And my TI-84 has had the same batteries for at least two years (it's getting
to the point that I'm starting to wonder when they're going to run out, since
I know that it will be the worst possible time). It doesn't matter, it's an
irrelevant comparison, unless you're saying that something more similar to the
kindle would be better for developing regions where solar power is a major
selling point (which is a really good thing to point out - why does a solar
powered netbook need a 250GB HDD? Why not a small SSD, if that would save
power?).

------
cjboco
I'm not 100% sure, but I recall a story about a division of Samsung that made
watches, being banned from selling them in Germany or somewhere like that.
They copied/cloned something that Rolex did (Maybe the quartz crystal or
something like that).

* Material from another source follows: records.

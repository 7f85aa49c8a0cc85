-- ===== src/Prelude/Text.antt =====
-- Python's `str` as the list of its code points, with the methods that the scripts use.
-- `isdigit`, `lower`, `\d` and `[A-Za-z]` are the ASCII ones: the texts are file names, versions,
-- git refs and paths.
use Prim.Native.Nat.{ℕ, zero, suc, ◌+◌, ◌-◌, ◌*◌}
use Prim.Native.Char.{code}
use Prim.Native.String.{String}
use mathlib.Core.Path.{◌≡◌, refl, ap, ◌∙◌}
use mathlib.Core.Logic.{◌↔◌}
use mathlib.Core.Bool.{Bool, true, false, ◌&&◌, ◌||◌, not}
use mathlib.Core.List.{List, [], ◌∷◌, ◌++◌, reverse, reverse-append}
use native.Mathlib.Omega.{arith}
use nix_strix_halo.Prelude.Tests.{if◌then◌else◌, leb, ◌==◌}
use nix_strix_halo.Prelude.Lists.{length, length-append, take, drop, All, all}
pub mod Splits
pub mod Runs

abbrev pub Text : Type 0
Text = List ℕ

-- The code points of a literal.
abbrev pub codes : String → Text
codes String.[] = []
codes (String.◌∷◌ c s) = code c ∷ codes s

abbrev pub text_eq : Text → Text → Bool
text_eq [] [] = true
text_eq [] (d ∷ t) = false
text_eq (c ∷ s) [] = false
text_eq (c ∷ s) (d ∷ t) = if c == d then text_eq s t else false

pub text_eq_iff : (s t : Text) → (text_eq s t ≡ true) ↔ (s ≡ t)
text_eq_iff [] [] = (λ h. refl, λ h. refl)
text_eq_iff [] (d ∷ t) = (λ h. cc, λ h. cc)
text_eq_iff (c ∷ s) [] = (λ h. cc, λ h. cc)
text_eq_iff (c ∷ s) (d ∷ t) =
    let (to, from) = text_eq_iff s t in (λ h. ground arith, λ h. ground arith)

pub text_eq_refl : (s : Text) → text_eq s s ≡ true
text_eq_refl s = (text_eq_iff s s).1 refl

-- s.startswith(p)
abbrev pub starts_with : Text → Text → Bool
starts_with [] s = true
starts_with (c ∷ p) [] = false
starts_with (c ∷ p) (d ∷ s) = if c == d then starts_with p s else false

pub starts_with-append : (p s : Text) → starts_with p (p ++ s) ≡ true
starts_with-append [] s = refl
starts_with-append (c ∷ p) s = ground (arith, starts_with-append p s)

pub starts_with-split : (p s : Text) → starts_with p s ≡ true → s ≡ p ++ drop (length p) s
starts_with-split [] s h = refl
starts_with-split (c ∷ p) [] h = cc
starts_with-split (c ∷ p) (d ∷ s) h = ground (arith, starts_with-split p s)

-- s.endswith(p)
unfoldable pub ends_with : Text → Text → Bool
ends_with p s = starts_with (reverse p) (reverse s)

abbrev pub is_digit : ℕ → Bool
is_digit c = leb b'0' c && leb c b'9'

abbrev pub is_upper : ℕ → Bool
is_upper c = leb b'A' c && leb c b'Z'

abbrev pub is_lower : ℕ → Bool
is_lower c = leb b'a' c && leb c b'z'

abbrev pub is_alpha : ℕ → Bool
is_alpha c = is_upper c || is_lower c

-- s.lower()
abbrev pub lower_char : ℕ → ℕ
lower_char c = if is_upper c then c + 32 else c

abbrev pub lower : Text → Text
lower [] = []
lower (c ∷ s) = lower_char c ∷ lower s

-- s.replace(a, b) at single characters
abbrev pub replace : ℕ → ℕ → Text → Text
replace a b [] = []
replace a b (c ∷ s) = (if c == a then b else c) ∷ replace a b s

-- str.isspace on ASCII, with the separators that Python counts in
abbrev pub is_space : ℕ → Bool
is_space c = (leb 9 c && leb c 13) || (leb 28 c && leb c 32)

abbrev pub take_while : (ℕ → Bool) → Text → Text
take_while p [] = []
take_while p (c ∷ s) = if p c then c ∷ take_while p s else []

abbrev pub drop_while : (ℕ → Bool) → Text → Text
drop_while p [] = []
drop_while p (c ∷ s) = if p c then drop_while p s else c ∷ s

pub take_while-append-drop_while : (p : ℕ → Bool) (s : Text) → take_while p s ++ drop_while p s ≡ s
take_while-append-drop_while p [] = refl
take_while-append-drop_while p (c ∷ s) = ground (arith, take_while-append-drop_while p s)

-- s.strip() and s.strip(chars)
abbrev pub strip_by : (ℕ → Bool) → Text → Text
strip_by p s = reverse (drop_while p (reverse (drop_while p s)))

abbrev pub strip : Text → Text
strip = strip_by is_space

-- c in s
abbrev pub has_char : ℕ → Text → Bool
has_char c [] = false
has_char c (d ∷ s) = if d == c then true else has_char c s

-- s.split(sep), at a single character: always at least one part
abbrev pub prepend : ℕ → List Text → List Text
prepend c [] = (c ∷ []) ∷ []
prepend c (w ∷ ws) = (c ∷ w) ∷ ws

abbrev pub split : ℕ → Text → List Text
split sep [] = [] ∷ []
split sep (c ∷ s) = let rest = split sep s in if c == sep then [] ∷ rest else prepend c rest

-- sep.join(parts)
abbrev pub join : Text → List Text → Text
join sep [] = []
join sep (w ∷ []) = w
join sep (w ∷ v ∷ ws) = w ++ (sep ++ join sep (v ∷ ws))

-- s.split(sep, 1)[0], and s.partition(sep)
abbrev pub before : ℕ → Text → Text
before sep s = take_while (λ c. not (c == sep)) s

pub record Partition : Type 0 where
  pub head : Text
  pub found : Bool
  pub tail : Text

abbrev pub partition : ℕ → Text → Partition
partition sep [] = record { head = []; found = false; tail = [] }
partition sep (c ∷ s) =
    let rest = partition sep s in
    if c == sep
    then record { head = []; found = true; tail = s }
    else record { head = c ∷ rest.head; found = rest.found; tail = rest.tail }

-- int(s) of a run of digits
abbrev pub int_from : ℕ → Text → ℕ
int_from n [] = n
int_from n (c ∷ s) = int_from (n * 10 + (c - b'0')) s

abbrev pub int : Text → ℕ
int = int_from 0

-- s.rpartition(sep): the last separator splits.
unfoldable pub rpartition : ℕ → Text → Partition
rpartition sep [] = record { head = []; found = false; tail = [] }
rpartition sep (c ∷ s) =
    let rest = rpartition sep s in
    if rest.found
    then record { head = c ∷ rest.head; found = true; tail = rest.tail }
    else if c == sep
    then record { head = []; found = true; tail = s }
    else record { head = []; found = false; tail = c ∷ s }

-- s.rsplit(sep, n)
unfoldable pub rsplit : ℕ → ℕ → Text → List Text
rsplit sep zero s = s ∷ []
rsplit sep (suc n) s =
    let parts = rpartition sep s in
    let rest = rsplit sep n parts.head in if parts.found then rest ++ parts.tail ∷ [] else s ∷ []

-- s[:-n], for n > 0
unfoldable pub drop_last : ℕ → Text → Text
drop_last n s = take (length s - n) s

Does anyone know the actual details about this story?

------
bakbak
the most important thing mentioned in the article is "targeting the five
billion people who live outside the current 'traditional' smartphone market."
- whoever understands this will be the world leader in the future ... even the
companies like Nokia and Yahoo that looks like failures today can comeback
because they understand these 5 billion people better than many others , but
somehow the noise of 'traditional' marketers has disillusioned their original
strategy... someone has to just pick-up those threads and bring back these
companies on track.

------
rhygar
The article opens: "Is there anything Samsung doesn’t do?"

I say: "Is there anything Samsung doesn't clone?"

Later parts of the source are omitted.